Top of DATA PROVIDED

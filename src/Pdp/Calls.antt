-- ===== src/Pdp/Calls.antt =====
-- `postJSON` and `getJSON`: what they obtain, and what they send.
use mcp_opa.Base.{◌≡◌, ◌⊎◌, inl, inr, ap, sym, [], ◌∷◌, Option, Bytes, ok, arith, Result-cases, ◌∙◌}
use mcp_opa.Json.{Decode, Encode}
use mcp_opa.Config.Load.{Config}
use mcp_opa.Pdp.Url.{UrlPackage, Url}
use mcp_opa.Pdp.Wire.{Members}
use mcp_opa.Pdp.Exchange.{HttpRequest, Network, answer, requests}
use mcp_opa.Pdp.Client.{post_json, get_json, post_request, get_request, new_request_id}
use mcp_opa.Pdp.Reply.{Obtains, call, call_sound, call_complete, requests-call}

module _ {A : Type 0} (urls : UrlPackage) (encode : Encode Members) (decode : Decode A)
    (cfg : Config) (entropy : Option Bytes) (endpoint : Bytes) (body : Members)
    (net : Network) where
  abbrev pub posted : Bytes → HttpRequest
  posted encoded = post_request cfg (new_request_id entropy) endpoint encoded

  pub post_json_encoded :
      (encoded : Bytes)
      → encode body ≡ ok encoded
      → post_json urls encode decode cfg entropy endpoint body
        ≡ call urls decode net cfg.pdp_max_bytes (posted encoded) (λ v. (new_request_id entropy, v))
  unfolding post_json
  post_json_encoded encoded h = rw (h, post_json)

  -- A successful `postJSON`: the body is encoded, the request id is the one that is made of the
  -- random bytes, and the reply to the request with both gives the value.
  pub post_json_sound :
      (id : Bytes) (v : A)
      → answer net (post_json urls encode decode cfg entropy endpoint body) ≡ ok (id, v)
      → (encoded : Bytes) × (encode body ≡ ok encoded)
        × (id ≡ new_request_id entropy)
        × Obtains urls decode net cfg.pdp_max_bytes (posted encoded) v
  post_json_sound id v h = elim (Result-cases (encode body)) [
    | inl (e, bad) ↦ absurd (unfold post_json answer in ground (arith, bad))
    | inr (encoded, good) ↦
        let (v', o, e) =
          call_sound urls decode net cfg.pdp_max_bytes (posted encoded)
            (λ v. (new_request_id entropy, v))
            (ap (answer net) (sym (post_json_encoded encoded good)) ∙ h) in
        let same : v ≡ v' = ap (λ p. p.1) e in (encoded, good, ap (λ p. p.0) e, rw same o)
  ]

  pub post_json_complete :
      (encoded : Bytes) (v : A)
      → encode body ≡ ok encoded
      → Obtains urls decode net cfg.pdp_max_bytes (posted encoded) v
      → answer net (post_json urls encode decode cfg entropy endpoint body)
        ≡ ok (new_request_id entropy, v)
  post_json_complete encoded v h o =
      ap (answer net) (post_json_encoded encoded h)
      ∙ call_complete urls decode net cfg.pdp_max_bytes (posted encoded)
          (λ v. (new_request_id entropy, v)) v o

  -- Nothing is sent, or one request with the encoded body, to an endpoint that parses.
  pub requests-post_json :
      (u : Url)
      → urls.parse endpoint ≡ ok u
      → (requests net (post_json urls encode decode cfg entropy endpoint body) ≡ [])
        ⊎ ((encoded : Bytes) × (encode body ≡ ok encoded)
            × (requests net (post_json urls encode decode cfg entropy endpoint body)
                ≡ posted encoded ∷ []))
  requests-post_json u p = elim (Result-cases (encode body)) [
    | inl (e, bad) ↦ inl (unfold post_json requests in ground (arith, bad))
    | inr (encoded, good) ↦ inr (
      encoded,
      good,
      ap (requests net) (post_json_encoded encoded good)
          ∙ requests-call urls decode net cfg.pdp_max_bytes (posted encoded)
              (λ v. (new_request_id entropy, v)) u p,
    )
  ]

module _ {A : Type 0} (urls : UrlPackage) (decode : Decode A) (cfg : Config)
    (entropy : Option Bytes) (endpoint : Bytes) (net : Network) where
  abbrev pub got : HttpRequest
  got = get_request cfg (new_request_id entropy) endpoint

  pub get_json_sound :
      (v : A)
      → answer net (get_json urls decode cfg entropy endpoint) ≡ ok v
      → Obtains urls decode net cfg.pdp_max_bytes got v
  unfolding get_json
  get_json_sound v h =
      let (v', o, e) = call_sound urls decode net cfg.pdp_max_bytes got (λ v. v) h in rw e o

  pub get_json_complete :
      (v : A)
      → Obtains urls decode net cfg.pdp_max_bytes got v
      → answer net (get_json urls decode cfg entropy endpoint) ≡ ok v
  unfolding get_json
  get_json_complete v o = call_complete urls decode net cfg.pdp_max_bytes got (λ v. v) v o

  pub requests-get_json :
      (u : Url)
      → urls.parse endpoint ≡ ok u
      → requests net (get_json urls decode cfg entropy endpoint) ≡ got ∷ []
  unfolding get_json
  requests-get_json u p = requests-call urls decode net cfg.pdp_max_bytes got (λ v. v) u p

Bottom of DATA PROVIDED

EXERCISE DETAILS: Your reply should contain every record, unchanged and complete.

TASK RESPONSE:
filename src/Pdp/Calls.antt
-- ===== src/Pdp/Calls.antt =====
-- `postJSON` and `getJSON`: what they obtain, and what they send.
use mcp_opa.Base.{◌≡◌, ◌⊎◌, inl, inr, ap, sym, [], ◌∷◌, Option, Bytes, ok, arith, Result-cases, ◌∙◌}
use mcp_opa.Json.{Decode, Encode}
use mcp_opa.Config.Load.{Config}
use mcp_opa.Pdp.Url.{UrlPackage, Url}
use mcp_opa.Pdp.Wire.{Members}
use mcp_opa.Pdp.Exchange.{HttpRequest, Network, answer, requests}
use mcp_opa.Pdp.Client.{post_json, get_json, post_request, get_request, new_request_id}
use mcp_opa.Pdp.Reply.{Obtains, call, call_sound, call_complete, requests-call}

module _ {A : Type 0} (urls : UrlPackage) (encode : Encode Members) (decode : Decode A)
    (cfg : Config) (entropy : Option Bytes) (endpoint : Bytes) (body : Members)
    (net : Network) where
  abbrev pub posted : Bytes → HttpRequest
  posted encoded = post_request cfg (new_request_id entropy) endpoint encoded

  pub post_json_encoded :
      (encoded : Bytes)
      → encode body ≡ ok encoded
      → post_json urls encode decode cfg entropy endpoint body
        ≡ call urls decode net cfg.pdp_max_bytes (posted encoded) (λ v. (new_request_id entropy, v))
  unfolding post_json
  post_json_encoded encoded h = rw (h, post_json)

  -- A successful `postJSON`: the body is encoded, the request id is the one that is made of the
  -- random bytes, and the reply to the request with both gives the value.
  pub post_json_sound :
      (id : Bytes) (v : A)
      → answer net (post_json urls encode decode cfg entropy endpoint body) ≡ ok (id, v)
      → (encoded : Bytes) × (encode body ≡ ok encoded)
        × (id ≡ new_request_id entropy)
        × Obtains urls decode net cfg.pdp_max_bytes (posted encoded) v
  post_json_sound id v h = elim (Result-cases (encode body)) [
    | inl (e, bad) ↦ absurd (unfold post_json answer in ground (arith, bad))
    | inr (encoded, good) ↦
        let (v', o, e) =
          call_sound urls decode net cfg.pdp_max_bytes (posted encoded)
            (λ v. (new_request_id entropy, v))
            (ap (answer net) (sym (post_json_encoded encoded good)) ∙ h) in
        let same : v ≡ v' = ap (λ p. p.1) e in (encoded, good, ap (λ p. p.0) e, rw same o)
  ]

  pub post_json_complete :
      (encoded : Bytes) (v : A)
      → encode body ≡ ok encoded
      → Obtains urls decode net cfg.pdp_max_bytes (posted encoded) v
      → answer net (post_json urls encode decode cfg entropy endpoint body)
        ≡ ok (new_request_id entropy, v)
  post_json_complete encoded v h o =
      ap (answer net) (post_json_encoded encoded h)
      ∙ call_complete urls decode net cfg.pdp_max_bytes (posted encoded)
          (λ v. (new_request_id entropy, v)) v o

  -- Nothing is sent, or one request with the encoded body, to an endpoint that parses.
  pub requests-post_json :
      (u : Url)
      → urls.parse endpoint ≡ ok u
      → (requests net (post_json urls encode decode cfg entropy endpoint body) ≡ [])
        ⊎ ((encoded : Bytes) × (encode body ≡ ok encoded)
            × (requests net (post_json urls encode decode cfg entropy endpoint body)
                ≡ posted encoded ∷ []))
  requests-post_json u p = elim (Result-cases (encode body)) [
    | inl (e, bad) ↦ inl (unfold post_json requests in ground (arith, bad))
    | inr (encoded, good) ↦ inr (
      encoded,
      good,
      ap (requests net) (post_json_encoded encoded good)
          ∙ requests-call urls decode net cfg.pdp_max_bytes (posted encoded)
              (λ v. (new_request_id entropy, v)) u p,
    )
  ]

module _ {A : Type 0} (urls : UrlPackage) (decode : Decode A) (cfg : Config)
    (entropy : Option Bytes) (endpoint : Bytes) (net : Network) where
  abbrev pub got : HttpRequest
  got = get_request cfg (new_request_id entropy) endpoint

  pub get_json_sound :
      (v : A)
      → answer net (get_json urls decode cfg entropy endpoint) ≡ ok v
      → Obtains urls decode net cfg.pdp_max_bytes got v
  unfolding get_json
  get_json_sound v h =
      let (v', o, e) = call_sound urls decode net cfg.pdp_max_bytes got (λ v. v) h in rw e o

  pub get_json_complete :
      (v : A)
      → Obtains urls decode net cfg.pdp_max_bytes got v
      → answer net (get_json urls decode cfg entropy endpoint) ≡ ok v
  unfolding get_json
  get_json_complete v o = call_complete urls decode net cfg.pdp_max_bytes got (λ v. v) v o

  pub requests-get_json :
      (u : Url)
      → urls.parse endpoint ≡ ok u
      → requests net (get_json urls decode cfg entropy endpoint) ≡ got ∷ []
  unfolding get_json
  requests-get_json u p = requests-call urls decode net cfg.pdp_max_bytes got (λ v. v) u p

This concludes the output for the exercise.